§ Problem description
Where the records below have a line with "elim", that line is to be copied.

§ Supplied entries
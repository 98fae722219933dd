-- ===== src/Classify.antt =====
-- oplog_classify.go: the service and module of an API path.
mod Tables
pub mod Total
mod Tests
unfoldable pub use Tables.{
  namespaces, services, platforms, orphans, zh_service, zh_module, member, lookup,
}
pub use Tables.{Orphan}
use middle.Prelude.{
  Bool, true, false, ◌&&◌, ◌||◌, not, List, [], ◌∷◌, ◌++◌, Option, none, some, any, if◌then◌else◌,
}
use middle.Text.{
  Text, runes, is_empty, ◌==◌, trim_space, to_lower, has_prefix, before_first, split, text_runs,
}

pub record PathClass : Type 0 where
  pub namespace : Text
  pub service : Text
  pub module' : Text
  pub resource : Text
  pub label : Text

-- One part of a split path, as `pathSegments` keeps it.
abbrev keeps : Text → Bool
keeps part = not (is_empty part || has_prefix part (runes ":"))

unfoldable pub trimmed_segments : List Text → List Text
trimmed_segments [] = []
trimmed_segments (part ∷ parts) =
    let p = trim_space part in
    let rest = trimmed_segments parts in if keeps p then p ∷ rest else rest

abbrev pub drop_version : List Text → List Text
drop_version [] = []
drop_version (s ∷ segs) = if s == runes "v1" then segs else s ∷ segs

unfoldable pub path_segments : Text → List Text
path_segments path =
    drop_version (trimmed_segments (split b'/' (to_lower (before_first b'?' path))))

unfoldable pub has_segment : List Text → Text → Bool
has_segment parts want = any (λ part. part == want) parts

unfoldable pub alias_module : Text → Text → Text
alias_module service module' =
    if module' == runes "mp-dist"
    then runes "mp"
    else if module' == runes "notify" && service == runes "client"
    then runes "notification"
    else if module' == runes "address" && service == runes "member"
    then runes "addresses"
    else module'

-- The loop of `pickModule`, with the first platform that was skipped.
unfoldable pub pick_from : Text → Text → List Text → Text
pick_from service skipped [] = if is_empty skipped then [] else alias_module service skipped
pick_from service skipped (part ∷ parts) =
    let onward = pick_from service (if is_empty skipped then part else skipped) parts in
    if member part platforms then onward else alias_module service part

unfoldable pub pick_module : Text → List Text → Text
pick_module service parts = pick_from service [] parts

unfoldable pub legacy_member : Text → Text
legacy_member m =
    if m == runes "addresses" || m == runes "address"
    then runes "member_address"
    else if m == runes "level"
    then runes "member_level"
    else runes "member"

unfoldable pub legacy_auth : Text → Text
legacy_auth m =
    if m == runes "account"
    then runes "admin_account"
    else if m == runes "role"
    then runes "role"
    else if m == runes "tenant"
    then runes "tenant"
    else if m == runes "app"
    then runes "app"
    else if m == runes "password"
    then runes "password"
    else if is_empty m
    then runes "auth"
    else m

unfoldable pub legacy_resource : Text → Text → Text
legacy_resource service m =
    if service == runes "fs"
    then runes "image"
    else if service == runes "member"
    then legacy_member m
    else if service == runes "auth"
    then legacy_auth m
    else if service == runes "active"
    then runes "campaign"
    else service

-- `m[k]` of a map of strings: "" for a missing key.
abbrev pub or_empty : Option Text → Text
or_empty none = []
or_empty (some s) = s

unfoldable pub zh_class_label : Text → Text → Text
zh_class_label service m =
    let found = or_empty (lookup service zh_service) in
    let svc = if is_empty found then service else found in
    let named : Text = elim (lookup service zh_module) [
      | none ↦ []
      | some table ↦ or_empty (lookup m table)
    ] in
    let mod' = if is_empty named then m else named in
    if is_empty mod' then svc else svc ++ (runes " · " ++ mod')

abbrev pub other_class : PathClass
other_class = record {
  namespace = [];
  service = [];
  module' = [];
  resource = runes "other";
  label = runes "其他";
}

unfoldable pub finish_class : Text → Text → Text → PathClass
finish_class ns service m = if is_empty service then other_class else record {
  namespace = ns;
  service = service;
  module' = m;
  resource = legacy_resource service m;
  label = zh_class_label service m;
}

-- `ClassifyPath` from the service on.
unfoldable pub classify_service : Text → Text → List Text → PathClass
classify_service ns service parts =
    let m = pick_module service parts in
    let image =
      service == runes "fs"
      && (is_empty m || m == runes "client" || has_segment parts (runes "image")) in
    finish_class ns service (if image then runes "image" else m)

unfoldable pub classify_segments : Text → List Text → PathClass
classify_segments ns [] = other_class
classify_segments ns (service ∷ parts) =
    if member service services
    then classify_service ns service parts
    else elim (lookup service orphans) [
      | none ↦ other_class
      | some o ↦ classify_service ns o.service (o.module' ∷ parts)
    ]

unfoldable pub classify_named : List Text → PathClass
classify_named [] = other_class
classify_named (s ∷ segs) =
    if member s namespaces then classify_segments s segs else classify_segments [] (s ∷ segs)

unfoldable pub classify_path : Text → PathClass
classify_path path = classify_named (path_segments path)

-- oplog.go: `ClassifyResource`
unfoldable pub classify_resource : Text → Text × Text
classify_resource path =
    let class = classify_path path in
    if is_empty class.resource then (runes "other", runes "其他") else (class.resource, class.label)

-- Named on the `unfolding` line of a test, it opens every function above.
unfoldable pub classify_runs : Unit {0}
unfolding text_runs member lookup trimmed_segments path_segments has_segment alias_module pick_from
    pick_module legacy_member legacy_auth legacy_resource zh_class_label finish_class
    classify_service classify_segments classify_named classify_path classify_resource
classify_runs = tt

§ Problem solution
    let named : Text = elim (lookup service zh_module) [
    else elim (lookup service orphans) [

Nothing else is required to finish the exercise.